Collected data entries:
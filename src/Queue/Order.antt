-- ===== src/Queue/Order.antt =====
-- The queue under its threads is a bounded FIFO queue: what the winners of the compare-exchanges do
-- to the values between tail and head.
use libchronos.Base.{
  ℕ, zero, suc, ◌+◌, ◌-◌, ◌^◌, ◌≤◌, ◌<◌, ◌≡◌, refl, sym, ap, ap₂, ◌∙◌, true, Option, some, List, [],
  ◌∷◌, ◌++◌, length, arith, subst,
}
use libchronos.Base.Words.{inc64}
use libchronos.Queue.{MpmcQueue, update, is_zero, diff}
use libchronos.Queue.Threads.{
  Pc, pop_copied, System, seq_of, Move, push, push_load, push_win, push_lose, push_full, push_late,
  push_copy, push_done, pop, pop_load, pop_win, pop_lose, pop_empty, pop_late, pop_copy, pop_done,
  Step, pick, Reach,
}
use libchronos.Queue.Inv.{IsQueue, Fits, push_win-free, pop_win-full}
use libchronos.Queue.Safety.{Reach-IsSystem}

module _ {A : Type 0} where
  -- The values of `n` tickets from `from` on.
  unfoldable pub slice : (ℕ → Option A) → ℕ → ℕ → List (Option A)
  slice log from zero = []
  slice log from (suc n) = log from ∷ slice log (suc from) n

  pub length-slice : (log : ℕ → Option A) (from n : ℕ) → length (slice log from n) ≡ n
  unfolding slice
  length-slice log from zero = refl
  length-slice log from (suc n) = ap suc (length-slice log (suc from) n)

  pub slice-suc :
      (log : ℕ → Option A) (from n : ℕ)
      → slice log from (suc n) ≡ slice log from n ++ (log (from + n) ∷ [])
  unfolding slice
  slice-suc log from zero = ap (λ k. log k ∷ []) (omega arith)
  slice-suc log from (suc n) =
      ap (λ l. log from ∷ l)
        (slice-suc log (suc from) n
          ∙ ap (λ k. slice log (suc from) n ++ (log k ∷ [])) (omega arith))

  slice-update :
      (log : ℕ → Option A) (from n k : ℕ) (a : Option A)
      → from + n ≤ k
      → slice (update log k a) from n ≡ slice log from n
  unfolding slice
  slice-update log from zero k a h = refl
  slice-update log from (suc n) k a h = ground (arith, slice-update log (suc from) n k a)

  -- What is in the queue, oldest first.
  unfoldable pub contents : System A → List (Option A)
  contents s = slice s.log s.mem.tail (s.mem.head - s.mem.tail)

-- One step of a bounded FIFO queue, from one list to the next: nothing, one value in at the end where
-- there is room, or the first value out.
pub data FifoStep {A : Type 0} (capacity : ℕ) (xs ys : List A) : Type 0 where
  stay : xs ≡ ys → FifoStep capacity xs ys
  enter : (a : A) → length xs < capacity → ys ≡ xs ++ (a ∷ []) → FifoStep capacity xs ys
  leave : (a : A) → xs ≡ a ∷ ys → FifoStep capacity xs ys

module _ {A : Type 0} (capacity : ℕ) (two : 2 ≤ capacity) where
  push_win-FifoStep :
      (m : MpmcQueue A) (log : ℕ → Option A) (val : A) (seen : ℕ)
      → IsQueue capacity m log
      → m.head + capacity < 2 ^ 63
      → seen ≤ seq_of capacity m m.head
      → is_zero (diff seen m.head) ≡ true
      → FifoStep capacity
          (slice log m.tail (m.head - m.tail))
          (slice (update log m.head (some val)) m.tail (inc64 m.head - m.tail))
  push_win-FifoStep m log val seen v small le z =
      enter (some val) (omega (arith, length-slice log m.tail (m.head - m.tail), space)) (
        ap (slice log' m.tail) (omega (arith, v.ordered))
        ∙ slice-suc log' m.tail (m.head - m.tail)
        ∙ ap₂ (λ xs a. xs ++ (a ∷ []))
            (slice-update log m.tail (m.head - m.tail) m.head (some val) (omega (arith, v.ordered)))
            last)
    where
      log' : ℕ → Option A
      log' = update log m.head (some val)

      space : m.head < m.tail + capacity
      space = (push_win-free capacity two m log seen v small le z).1

      last : log' (m.tail + (m.head - m.tail)) ≡ some val
      last = ground (arith, v.ordered)

  pop_win-FifoStep :
      (m : MpmcQueue A) (log : ℕ → Option A) (seen : ℕ)
      → IsQueue capacity m log
      → m.head + capacity < 2 ^ 63
      → seen ≤ seq_of capacity m m.tail
      → is_zero (diff seen (inc64 m.tail)) ≡ true
      → FifoStep capacity
          (slice log m.tail (m.head - m.tail))
          (slice log (inc64 m.tail) (m.head - inc64 m.tail))
  unfolding slice
  pop_win-FifoStep m log seen v small le z = leave (log m.tail) (
      ap (slice log m.tail) {x = m.head - m.tail} {y = suc (m.head - inc64 m.tail)}
        (omega (arith, below))
      ∙ ap (λ k. log m.tail ∷ slice log k (m.head - inc64 m.tail)) (omega (arith, below)))
    where
      below : m.tail < m.head
      below = (pop_win-full capacity two m log seen v small le z).1

  Move-FifoStep :
      {m m' : MpmcQueue A} {log log' : ℕ → Option A} {p p' : Pc A}
      → Move capacity m log p m' log' p'
      → IsQueue capacity m log
      → m.head + capacity < 2 ^ 63
      → Fits capacity m log p
      → FifoStep capacity
          (slice log m.tail (m.head - m.tail))
          (slice log' m'.tail (m'.head - m'.tail))
  Move-FifoStep {m} {log = log} (push_win {val} {spot} {seen} z e) v small f =
      subst
        (λ (s : ℕ).
          FifoStep capacity (slice log m.tail (m.head - m.tail))
            (slice (update log s (some val)) m.tail (inc64 s - m.tail)))
        e
        (push_win-FifoStep m log val seen v small
          (subst (λ (s : ℕ). seen ≤ seq_of capacity m s) (sym e) f.1)
          (subst (λ (s : ℕ). is_zero (diff seen s) ≡ true) (sym e) z))
  Move-FifoStep {m} {log = log} (pop_win {spot} {seen} z e) v small f =
      subst
        (λ (s : ℕ).
          FifoStep capacity (slice log m.tail (m.head - m.tail))
            (slice log (inc64 s) (m.head - inc64 s)))
        e
        (pop_win-FifoStep m log seen v small
          (subst (λ (s : ℕ). seen ≤ seq_of capacity m s) (sym e) f.1)
          (subst (λ (s : ℕ). is_zero (diff seen (inc64 s)) ≡ true) (sym e) z))
  Move-FifoStep (push val) v small f = stay refl
  Move-FifoStep push_load v small f = stay refl
  Move-FifoStep (push_lose z) v small f = stay refl
  Move-FifoStep (push_full z) v small f = stay refl
  Move-FifoStep (push_late z n) v small f = stay refl
  Move-FifoStep push_copy v small f = stay refl
  Move-FifoStep push_done v small f = stay refl
  Move-FifoStep pop v small f = stay refl
  Move-FifoStep pop_load v small f = stay refl
  Move-FifoStep (pop_lose z) v small f = stay refl
  Move-FifoStep (pop_empty z) v small f = stay refl
  Move-FifoStep (pop_late z n) v small f = stay refl
  Move-FifoStep pop_copy v small f = stay refl
  Move-FifoStep pop_done v small f = stay refl

  -- Each step of each thread, in any state that fewer than 2 ^ 63 - capacity steps lead to, is a step
  -- of a bounded FIFO queue on the values between tail and head; capacity is at least 2.
  pub Step-FifoStep :
      (n : ℕ) (s t : System A)
      → Reach capacity n s
      → n + capacity < 2 ^ 63
      → Step capacity s t
      → FifoStep capacity (contents s) (contents t)
  unfolding contents
  Step-FifoStep n s _ r small (pick i mv) =
      let (v, le) = Reach-IsSystem capacity two n s r small in
      Move-FifoStep mv v.queue (omega arith) (v.fits i)

  -- In such a state, a thread that has copied its value in try_pop holds the value that entered the
  -- queue with its ticket.
  pub popped-eq-log :
      (n : ℕ) (s : System A) (i ticket : ℕ) (val : Option A)
      → Reach capacity n s
      → n + capacity < 2 ^ 63
      → s.pc i ≡ pop_copied ticket val
      → (val ≡ s.log ticket) × (ticket < s.mem.tail)
  popped-eq-log n s i ticket val r small e =
      let (v, le) = Reach-IsSystem capacity two n s r small in
      let f : Fits capacity s.mem s.log (pop_copied ticket val) =
        subst (Fits capacity s.mem s.log) e (v.fits i) in
      (f.4, f.0)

> Task prompt
Copy the lines of the data above exactly as written, beginning with the line containing "Move-FifoStep (push_lose z)" and ending with the line containing "Move-FifoStep (pop_lose z)", and leave out all other lines.

> Reply
  Move-FifoStep (push_lose z) v small f = stay refl
  Move-FifoStep (push_full z) v small f = stay refl
  Move-FifoStep (push_late z n) v small f = stay refl
  Move-FifoStep push_copy v small f = stay refl
  Move-FifoStep push_done v small f = stay refl
  Move-FifoStep pop v small f = stay refl
  Move-FifoStep pop_load v small f = stay refl
  Move-FifoStep (pop_lose z) v small f = stay refl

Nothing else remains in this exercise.